WHAT YOU WILL DO:
Among the lines below, take the one holding "packet_key ip port proto = record", the one holding "lookup-track now k j ct = lookup-insert", and all lines between them. Set them down exactly.

+++ INFORMATION SHOWN

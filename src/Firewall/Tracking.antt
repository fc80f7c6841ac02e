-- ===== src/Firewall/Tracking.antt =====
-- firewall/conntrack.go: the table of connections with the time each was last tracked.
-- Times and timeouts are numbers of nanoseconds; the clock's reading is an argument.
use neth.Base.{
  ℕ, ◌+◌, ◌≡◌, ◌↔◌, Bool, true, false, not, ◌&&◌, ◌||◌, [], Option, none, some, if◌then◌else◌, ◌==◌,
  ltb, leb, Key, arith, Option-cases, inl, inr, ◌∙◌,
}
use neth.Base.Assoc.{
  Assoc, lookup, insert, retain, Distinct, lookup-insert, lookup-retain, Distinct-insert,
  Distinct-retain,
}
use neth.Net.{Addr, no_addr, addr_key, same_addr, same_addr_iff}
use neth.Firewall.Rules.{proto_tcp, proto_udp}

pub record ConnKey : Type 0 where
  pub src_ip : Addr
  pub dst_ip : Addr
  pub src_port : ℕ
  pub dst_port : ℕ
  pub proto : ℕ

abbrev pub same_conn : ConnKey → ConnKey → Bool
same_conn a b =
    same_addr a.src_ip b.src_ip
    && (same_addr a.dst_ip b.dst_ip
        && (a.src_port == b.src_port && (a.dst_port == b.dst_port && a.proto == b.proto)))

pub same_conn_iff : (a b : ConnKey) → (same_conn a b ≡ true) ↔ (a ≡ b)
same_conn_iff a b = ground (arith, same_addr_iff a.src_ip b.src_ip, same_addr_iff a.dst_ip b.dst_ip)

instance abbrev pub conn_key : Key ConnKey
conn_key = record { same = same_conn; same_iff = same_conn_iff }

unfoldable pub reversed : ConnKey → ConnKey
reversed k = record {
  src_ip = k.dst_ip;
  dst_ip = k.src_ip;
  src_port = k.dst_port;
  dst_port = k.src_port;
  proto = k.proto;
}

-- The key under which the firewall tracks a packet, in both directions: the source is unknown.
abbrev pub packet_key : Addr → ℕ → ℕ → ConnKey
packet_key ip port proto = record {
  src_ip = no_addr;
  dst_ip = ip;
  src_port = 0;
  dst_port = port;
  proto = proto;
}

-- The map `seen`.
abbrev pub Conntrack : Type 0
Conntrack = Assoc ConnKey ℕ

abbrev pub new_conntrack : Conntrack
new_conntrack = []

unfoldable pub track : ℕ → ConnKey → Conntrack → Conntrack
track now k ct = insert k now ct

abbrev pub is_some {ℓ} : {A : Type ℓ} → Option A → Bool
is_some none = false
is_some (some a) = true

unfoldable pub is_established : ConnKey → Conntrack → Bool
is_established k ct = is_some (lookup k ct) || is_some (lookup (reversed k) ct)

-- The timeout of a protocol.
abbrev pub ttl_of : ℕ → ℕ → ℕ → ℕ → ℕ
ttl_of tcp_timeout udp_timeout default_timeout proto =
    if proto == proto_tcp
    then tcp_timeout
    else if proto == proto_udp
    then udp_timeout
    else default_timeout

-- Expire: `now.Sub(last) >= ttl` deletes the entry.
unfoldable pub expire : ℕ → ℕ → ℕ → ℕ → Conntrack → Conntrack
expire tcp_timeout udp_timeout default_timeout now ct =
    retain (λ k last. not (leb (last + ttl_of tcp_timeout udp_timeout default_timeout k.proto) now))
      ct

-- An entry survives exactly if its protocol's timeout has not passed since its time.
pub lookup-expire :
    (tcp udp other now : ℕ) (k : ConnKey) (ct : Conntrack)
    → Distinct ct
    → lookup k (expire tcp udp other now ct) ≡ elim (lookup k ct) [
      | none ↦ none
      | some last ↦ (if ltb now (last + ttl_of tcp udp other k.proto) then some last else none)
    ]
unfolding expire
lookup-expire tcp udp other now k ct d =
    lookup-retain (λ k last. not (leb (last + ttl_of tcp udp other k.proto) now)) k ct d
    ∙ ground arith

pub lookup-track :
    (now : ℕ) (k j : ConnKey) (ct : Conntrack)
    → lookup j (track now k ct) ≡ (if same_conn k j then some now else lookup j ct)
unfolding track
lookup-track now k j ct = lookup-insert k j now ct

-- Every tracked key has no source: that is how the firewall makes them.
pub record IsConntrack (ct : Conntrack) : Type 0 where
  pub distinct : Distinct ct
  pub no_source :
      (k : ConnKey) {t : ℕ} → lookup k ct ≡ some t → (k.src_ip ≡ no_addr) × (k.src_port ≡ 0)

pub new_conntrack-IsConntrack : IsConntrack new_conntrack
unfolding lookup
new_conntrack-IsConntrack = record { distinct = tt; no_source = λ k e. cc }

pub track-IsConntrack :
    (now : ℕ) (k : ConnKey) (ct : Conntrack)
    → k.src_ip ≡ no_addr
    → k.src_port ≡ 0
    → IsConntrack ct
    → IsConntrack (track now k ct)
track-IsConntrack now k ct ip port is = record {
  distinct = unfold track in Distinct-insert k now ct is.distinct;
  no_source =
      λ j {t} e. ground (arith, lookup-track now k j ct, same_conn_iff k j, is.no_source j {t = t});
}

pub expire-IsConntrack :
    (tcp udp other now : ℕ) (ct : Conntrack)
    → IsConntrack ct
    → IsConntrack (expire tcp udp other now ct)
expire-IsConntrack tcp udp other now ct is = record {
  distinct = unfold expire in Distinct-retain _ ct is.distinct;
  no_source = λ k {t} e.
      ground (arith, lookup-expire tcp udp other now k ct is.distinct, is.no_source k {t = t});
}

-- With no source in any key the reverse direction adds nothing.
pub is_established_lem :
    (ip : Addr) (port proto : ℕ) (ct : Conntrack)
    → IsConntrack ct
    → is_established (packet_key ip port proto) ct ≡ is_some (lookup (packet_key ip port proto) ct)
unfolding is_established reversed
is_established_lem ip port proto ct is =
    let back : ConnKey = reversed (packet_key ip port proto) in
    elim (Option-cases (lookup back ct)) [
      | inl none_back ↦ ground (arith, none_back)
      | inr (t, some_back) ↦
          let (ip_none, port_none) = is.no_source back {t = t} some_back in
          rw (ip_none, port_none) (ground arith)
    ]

++++++

EXERCISE SOLUTION:
packet_key ip port proto = record {
  src_ip = no_addr;
  dst_ip = ip;
  src_port = 0;
  dst_port = port;
  proto = proto;
}

-- The map `seen`.
abbrev pub Conntrack : Type 0
Conntrack = Assoc ConnKey ℕ

abbrev pub new_conntrack : Conntrack
new_conntrack = []

unfoldable pub track : ℕ → ConnKey → Conntrack → Conntrack
track now k ct = insert k now ct

abbrev pub is_some {ℓ} : {A : Type ℓ} → Option A → Bool
is_some none = false
is_some (some a) = true

unfoldable pub is_established : ConnKey → Conntrack → Bool
is_established k ct = is_some (lookup k ct) || is_some (lookup (reversed k) ct)

-- The timeout of a protocol.
abbrev pub ttl_of : ℕ → ℕ → ℕ → ℕ → ℕ
ttl_of tcp_timeout udp_timeout default_timeout proto =
    if proto == proto_tcp
    then tcp_timeout
    else if proto == proto_udp
    then udp_timeout
    else default_timeout

-- Expire: `now.Sub(last) >= ttl` deletes the entry.
unfoldable pub expire : ℕ → ℕ → ℕ → ℕ → Conntrack → Conntrack
expire tcp_timeout udp_timeout default_timeout now ct =
    retain (λ k last. not (leb (last + ttl_of tcp_timeout udp_timeout default_timeout k.proto) now))
      ct

-- An entry survives exactly if its protocol's timeout has not passed since its time.
pub lookup-expire :
    (tcp udp other now : ℕ) (k : ConnKey) (ct : Conntrack)
    → Distinct ct
    → lookup k (expire tcp udp other now ct) ≡ elim (lookup k ct) [
      | none ↦ none
      | some last ↦ (if ltb now (last + ttl_of tcp udp other k.proto) then some last else none)
    ]
unfolding expire
lookup-expire tcp udp other now k ct d =
    lookup-retain (λ k last. not (leb (last + ttl_of tcp udp other k.proto) now)) k ct d
    ∙ ground arith

pub lookup-track :
    (now : ℕ) (k j : ConnKey) (ct : Conntrack)
    → lookup j (track now k ct) ≡ (if same_conn k j then some now else lookup j ct)
unfolding track
lookup-track now k j ct = lookup-insert k j now ct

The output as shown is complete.